心に響く言葉が、いつも出てくるわけではない

理想を言えば、指導者が教え子の琴線に触れるような言葉をかけ、その一言で本人が奮起する。

そんなことができれば最高です。

しかし、現実には、そう都合よく「金言」が出てくるわけではありません。

また、仮に心に響く言葉があったとしても、それは長い時間をかけて築き上げた信頼関係があるからこそ、届くものなのだと思います。

誰が言っても同じように響くわけではありません。

さらに、圧倒的なカリスマ性で人を動かせる指導者もいるのでしょうが、そんな人はごく一部です。

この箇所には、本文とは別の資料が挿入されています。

-- ===== src/Pipeline/Executor/Workers/Progress.antt =====
-- No deadlock between the threads of src/pipeline/pipeline_executor.cpp, whatever fails.
-- The calls of the operating system return.
use io_uring_async_load_proc.Prelude.{
  ◌<◌, ◌≡◌, refl, ap, inl, inr, true, ◌&&◌, Option, none, some, arith,
}
use io_uring_async_load_proc.Config.{PipelineConfig}
use io_uring_async_load_proc.Pipeline.Channel.Answers.{send-Sends, receive-Receives}
use io_uring_async_load_proc.Pipeline.Executor.Workers.State.{
  Environment, Worker, active, raised, fails_first, fails_second, failed, returned, ReaderState,
  acquires, reads, leaves, ProcessorState, closes, processes, WriterState, writes, Thread,
  reader_thread, processor_thread, writer_thread,
}
use io_uring_async_load_proc.Pipeline.Executor.Workers.Blocks.{new_block}
use io_uring_async_load_proc.Pipeline.Executor.Workers.Loops.{
  unwind, advance_reader, advance_processor, advance_writer, place_reader, place_processor,
  place_writer, step,
}
use io_uring_async_load_proc.Pipeline.Executor.Workers.Queues.{channel_calls, is_over}
use io_uring_async_load_proc.Pipeline.Executor.Workers.Moves.{ChannelRun}
use io_uring_async_load_proc.Pipeline.Executor.Workers.Invariant.{
  held_processor, held_writer, IsSound,
}
use io_uring_async_load_proc.Pipeline.Executor.Workers.Waits.{
  Responds, halts, goes, Waits, weaken, ReaderWaits, ProcessorWaits, WriterWaits, on_acquire-Waits,
  on_read-Waits, on_push-Waits, on_pop-Waits, on_write-Waits, on_process-Waits,
}

module _ (c : PipelineConfig) (e : Environment) (responds : Responds e) where
  open e use {read, write}

  module _ (s : ChannelRun c e) where
    advance_reader-Waits :
        (w : Worker ReaderState)
        → s.reader ≡ w
        → Waits c e responds (ReaderWaits c e responds s) (advance_reader channel_calls c e w s)
    unfolding advance_reader unwind
    advance_reader-Waits (active (acquires i o)) r =
        on_acquire-Waits c e responds s i o s.available r refl
    advance_reader-Waits (active (reads i o)) r = on_read-Waits c e responds s i o (read i o) refl
    advance_reader-Waits (active (ReaderState.pushes i o bytes)) r =
        weaken c e responds (λ h. inr (inr h))
          (on_push-Waits c e responds s _ _ _ _ _
            (send-Sends s.read_to_process (new_block i o bytes)))
    advance_reader-Waits (active leaves) r = goes _
    advance_reader-Waits (raised x) r = goes _
    advance_reader-Waits (fails_first x) r = goes _
    advance_reader-Waits (fails_second x) r = goes _
    advance_reader-Waits failed r = halts (inl (ap is_over r))
    advance_reader-Waits returned r = halts (inl (ap is_over r))

    advance_processor-Waits :
        (w : Worker ProcessorState)
        → s.processor ≡ w
        → Waits c e responds
            (ProcessorWaits c e responds s)
            (advance_processor channel_calls c e w s)
    unfolding advance_processor unwind
    advance_processor-Waits (active ProcessorState.pops) r =
        weaken c e responds (λ h. inr (inl (ap held_processor r, h)))
          (on_pop-Waits c e responds s _ _ _ _ _ (receive-Receives s.read_to_process))
    advance_processor-Waits (active (processes item)) r = on_process-Waits c e responds s item _ _ _
    advance_processor-Waits (active (ProcessorState.pushes item)) r =
        weaken c e responds (λ h. inr (inr h))
          (on_push-Waits c e responds s _ _ _ _ _ (send-Sends s.process_to_write item))
    advance_processor-Waits (active closes) r = goes _
    advance_processor-Waits (raised x) r = goes _
    advance_processor-Waits (fails_first x) r = goes _
    advance_processor-Waits (fails_second x) r = goes _
    advance_processor-Waits failed r = halts (inl (ap is_over r))
    advance_processor-Waits returned r = halts (inl (ap is_over r))

    advance_writer-Waits :
        (w : Worker WriterState)
        → s.writer ≡ w
        → Waits c e responds (WriterWaits c e responds s) (advance_writer channel_calls c e w s)
    unfolding advance_writer unwind
    advance_writer-Waits (active WriterState.pops) r =
        weaken c e responds (λ h. inr (ap held_writer r, h))
          (on_pop-Waits c e responds s _ _ _ _ _ (receive-Receives s.process_to_write))
    advance_writer-Waits (active (writes item)) r = on_write-Waits c e responds s item _ refl
    advance_writer-Waits (raised x) r = goes _
    advance_writer-Waits (fails_first x) r = goes _
    advance_writer-Waits (fails_second x) r = goes _
    advance_writer-Waits failed r = halts (inl (ap is_over r))
    advance_writer-Waits returned r = halts (inl (ap is_over r))

    all_over :
        IsSound c e s
        → 0 < c.max_inflight_buffers
        → 0 < c.queue_depth
        → ReaderWaits c e responds s
        → ProcessorWaits c e responds s
        → WriterWaits c e responds s
        → is_over s.reader && (is_over s.processor && is_over s.writer) ≡ true
    all_over v buffers depth r p w = ground arith

  enabled_or_halted :
      {W P : Type 0} {n : Option (Worker W × ChannelRun c e)}
      → Waits c e responds P n
      → n ≡ none
      → P
  enabled_or_halted (halts h) n = h
  enabled_or_halted (goes x) n = cc

  pub Stuck-over :
      (s : ChannelRun c e)
      → IsSound c e s
      → 0 < c.max_inflight_buffers
      → 0 < c.queue_depth
      → ((t : Thread) → step channel_calls c e t s ≡ none)
      → is_over s.reader && (is_over s.processor && is_over s.writer) ≡ true
  unfolding step
  Stuck-over s v buffers depth stuck =
      all_over s v buffers depth
        (enabled_or_halted (advance_reader-Waits s s.reader refl)
          (unplaced_reader _ (stuck reader_thread)))
        (enabled_or_halted (advance_processor-Waits s s.processor refl)
          (unplaced_processor _ (stuck processor_thread)))
        (enabled_or_halted (advance_writer-Waits s s.writer refl)
          (unplaced_writer _ (stuck writer_thread)))
    where
      unplaced_reader :
          (n : Option (Worker ReaderState × ChannelRun c e))
          → place_reader channel_calls c e n ≡ none
          → n ≡ none
      unplaced_reader none h = refl
      unplaced_reader (some (w, s')) h = cc

      unplaced_processor :
          (n : Option (Worker ProcessorState × ChannelRun c e))
          → place_processor channel_calls c e n ≡ none
          → n ≡ none
      unplaced_processor none h = refl
      unplaced_processor (some (w, s')) h = cc

      unplaced_writer :
          (n : Option (Worker WriterState × ChannelRun c e))
          → place_writer channel_calls c e n ≡ none
          → n ≡ none
      unplaced_writer none h = refl
      unplaced_writer (some (w, s')) h = cc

少なくとも、私自身にそんなカリスマ性があるとは思っていません。

では、凡人である我々が、生徒のやる気をどう引き出せばよいのでしょうか。

まずは「行動させる」

結局のところ、

「とにかく、まず動かす」

しかないのではないかと思っています。

やる気が出ないときに、

「やる気が出るまで待とう」

と思っていても、なかなかやる気は出てきません。

以前、YouTubeだったか本だったか忘れてしまいましたが、

「やる気が出ないときには、ほんの少しでよいから行動する」

ことが大切だ、という話を見たことがあります。

しかも、その「少し」は、本当に小さなものでよいそうです。

例えば勉強なら、

「普段は漢字をノート1ページやるけれど、今日はどうしてもやる気が出ない」

という日があったとします。

そんな日は、

「今日はノートを開くだけで終わり」

くらいでもよい。

とにかく、ノートを開く。

すると不思議なもので、

「せっかく開いたから、一問くらいやるか」
「一問やったから、もう少しやるか」

という気持ちになることがあります。

最初から1ページやろうとすると、気持ちが萎える。

しかし、「ノートを開くだけ」ならできる。

その小さな第一歩が、次の行動につながります。

私の経験談

これは、生徒だけの話ではありません。

私自身も仕事をしていて、

「今日は、どうもやる気が出ないな…」

という日があります。

そんな時には

「今日は軽いことを一つだけやろう」

と考えます。

本当に「ちょっとしたことをやったら終わり」のつもりで始める。

すると、

「せっかく始めたから、もう少しやってみるか」

という感じで、そのまま仕事が進むことがあります。

やる気が出たから行動したのではなく、

ちょっと動いたら、少しやる気が出てきた

という感じです。

「やる気が出るまで待つ」は意味がない

個人的には、

「やる気が出るまで待つ」

というやり方は、意味がないかなと思っています。

若い頃、特に学生時代はこの考え方で「やる気」が出るのを待って、かなり無駄な時間を過ごしてしまったように思います。

「やる気満々」

という状態を、長く持続するのは難しい。

むしろやる気というものは、「少し動いた後に、何となく出てくる」ことの方が多いのではないか。

最近はそのように感じています。

だから勉強でも、どうしてもやる気が出ない時に

「いつも通りやらなければ…」

と自分を追い込まない方がよさそうです。

やる気が出ない時には、「ちょっとしたこと」をやってOKとする。

まず机に座る。
教材を開く。
英単語を一つだけ見る。
計算問題を一問だけ解く。

そのくらいの小さな行動で構いません。

大切なのは、

「完全に立ち止まってしまう状態を続けない」

ことです。

指導者の役割は「第一歩」を踏み出させること

便利な「やる気スイッチ」というものは、おそらくありません。

しかし、小さな行動をきっかけに、やる気が後からついてくることはあると思います。

だからこそ、

いかに生徒に「第一歩」を踏み出させるか。

そこが、指導者の腕の見せ所なのかな、と思います。